From the entries below, reproduce exactly the line containing "if may_retry result", the line containing "record_append none em", and every line in between, with nothing added.

Top of Dataset entries

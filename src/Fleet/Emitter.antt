-- ===== src/Fleet/Emitter.antt =====
-- `Emitter` of crates/core/src/fleet.rs, with the counters of crates/core/src/metrics.rs that it moves.
-- The durable store is a parameter, with a state of its own that each call may change: another
-- replica may write between two calls. The bus is the list of what was published, in order. What
-- the environment supplies to an event (the clock, the actor, the subject) is an argument.
pub mod Outcome
pub mod Recovery
pub mod Race
use prospero.Prelude.{
  ℕ, zero, suc, ◌+◌, Bool, true, false, Option, none, some, List, [], ◌∷◌, ◌++◌, String,
  if◌then◌else◌, get, insert, remove,
}
use prospero.Error.{CoreError, Result, ok, err, seq_conflict, unwrap_or}
use prospero.Model.Event.{FleetEvent, EventKind, store_persist_failed, stream_key, stream_key_for}

-- The two calls of the trait `Store` that the emitter makes.
pub record StoreApi (V : Type 0) : Type 1 where
  pub Store : Type 0
  pub append : Store → FleetEvent V → Result (Unit {0}) × Store
  pub high_water : Store → String → Result ℕ × Store

-- What the environment supplies to an event.
pub record Ambient : Type 0 where
  pub now : String
  pub actor : Option String
  pub subject : Option String

pub record Emitter (S V : Type 0) : Type 0 where
  pub store : S
  pub seqs : List (String × ℕ)
  pub published : List (FleetEvent V)
  pub events_appended : ℕ
  pub append_failures : ℕ

abbrev pub seq_conflict_retries : ℕ
seq_conflict_retries = 8

is_conflict : CoreError → Bool
is_conflict seq_conflict = true
is_conflict _ = false

-- `describe` renders an error.
module _ {V : Type 0} (api : StoreApi V) (describe : CoreError → String) where
  open api use {Store}

  -- A cached counter, or the durable high-water mark; an unreadable mark counts as 0.
  unfoldable pub next_seq : Emitter Store V → String → Emitter Store V × ℕ
  next_seq em key =
      let (mark, store') = api.high_water em.store key in
      let seeded = unwrap_or mark 0 + 1 in
      elim (get key em.seqs) [
        | some n ↦ (record em { seqs = insert key (n + 1) em.seqs }, n + 1)
        | none ↦ (record em { store = store'; seqs = insert key seeded em.seqs }, seeded)
      ]

  unfoldable pub reseed_seq : Emitter Store V → String → Emitter Store V
  reseed_seq em key = record em { seqs = remove key em.seqs }

  unfoldable pub next_event :
      Emitter Store V → Ambient → String → String → EventKind V → Emitter Store V × FleetEvent V
  next_event em env repo agent_id kind =
      let (em', seq) = next_seq em (stream_key_for repo agent_id) in
      (
        em',
        record {
          seq = seq;
          ts = env.now;
          repo = repo;
          agent_id = agent_id;
          kind = kind;
          actor = env.actor;
          on_behalf_of = env.subject;
        },
      )

  failure : Result (Unit {0}) → Option CoreError
  failure (ok done) = none
  failure (err e) = some e

  may_retry : Result (Unit {0}) → Bool
  unfolding is_conflict
  may_retry (ok done) = false
  may_retry (err e) = is_conflict e

  -- The loop, by the number of retries left.
  unfoldable pub append_with_seq_retry :
      ℕ → Emitter Store V → FleetEvent V → Emitter Store V × FleetEvent V × Option CoreError
  unfolding failure may_retry
  append_with_seq_retry zero em event =
      let (result, store') = api.append em.store event in
      (record em { store = store' }, event, failure result)
  append_with_seq_retry (suc retries) em event =
      let (result, store') = api.append em.store event in
      let tried = record em { store = store' } in
      let (fresh, seq) = next_seq (reseed_seq tried (stream_key event)) (stream_key event) in
      let again = append_with_seq_retry retries fresh (record event { seq = seq }) in
      if may_retry result then again else (tried, event, failure result)

  record_append : Option CoreError → Emitter Store V → Emitter Store V
  record_append none em = record em { events_appended = em.events_appended + 1 }
  record_append (some e) em = record em { append_failures = em.append_failures + 1 }

  publish : FleetEvent V → Emitter Store V → Emitter Store V
  publish event em = record em { published = em.published ++ (event ∷ []) }

  unfoldable pub emit_persist_gap :
      Emitter Store V → Ambient → String → String → ℕ → CoreError → Emitter Store V
  unfolding record_append publish
  emit_persist_gap em env repo agent_id lost_seq e =
      let (em', marker) =
        next_event em env repo agent_id (store_persist_failed lost_seq (describe e)) in
      let (em'', marker', failed) = append_with_seq_retry seq_conflict_retries em' marker in
      publish marker' (record_append failed em'')

  -- The end of `emit`: a lost event leaves a marker.
  mark_gap : Emitter Store V → Ambient → String → String → ℕ → Option CoreError → Emitter Store V
  mark_gap em env repo agent_id lost_seq none = em
  mark_gap em env repo agent_id lost_seq (some e) = emit_persist_gap em env repo agent_id lost_seq e

  unfoldable pub emit : Emitter Store V → Ambient → String → String → EventKind V → Emitter Store V
  unfolding record_append publish mark_gap
  emit em env repo agent_id kind =
      let (em', event) = next_event em env repo agent_id kind in
      let (em'', event', failed) = append_with_seq_retry seq_conflict_retries em' event in
      let sent = publish event' (record_append failed em'') in
      mark_gap sent env repo agent_id event'.seq failed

Bottom of Dataset entries

— Exercise solution —
      if may_retry result then again else (tried, event, failure result)

  record_append : Option CoreError → Emitter Store V → Emitter Store V
  record_append none em = record em { events_appended = em.events_appended + 1 }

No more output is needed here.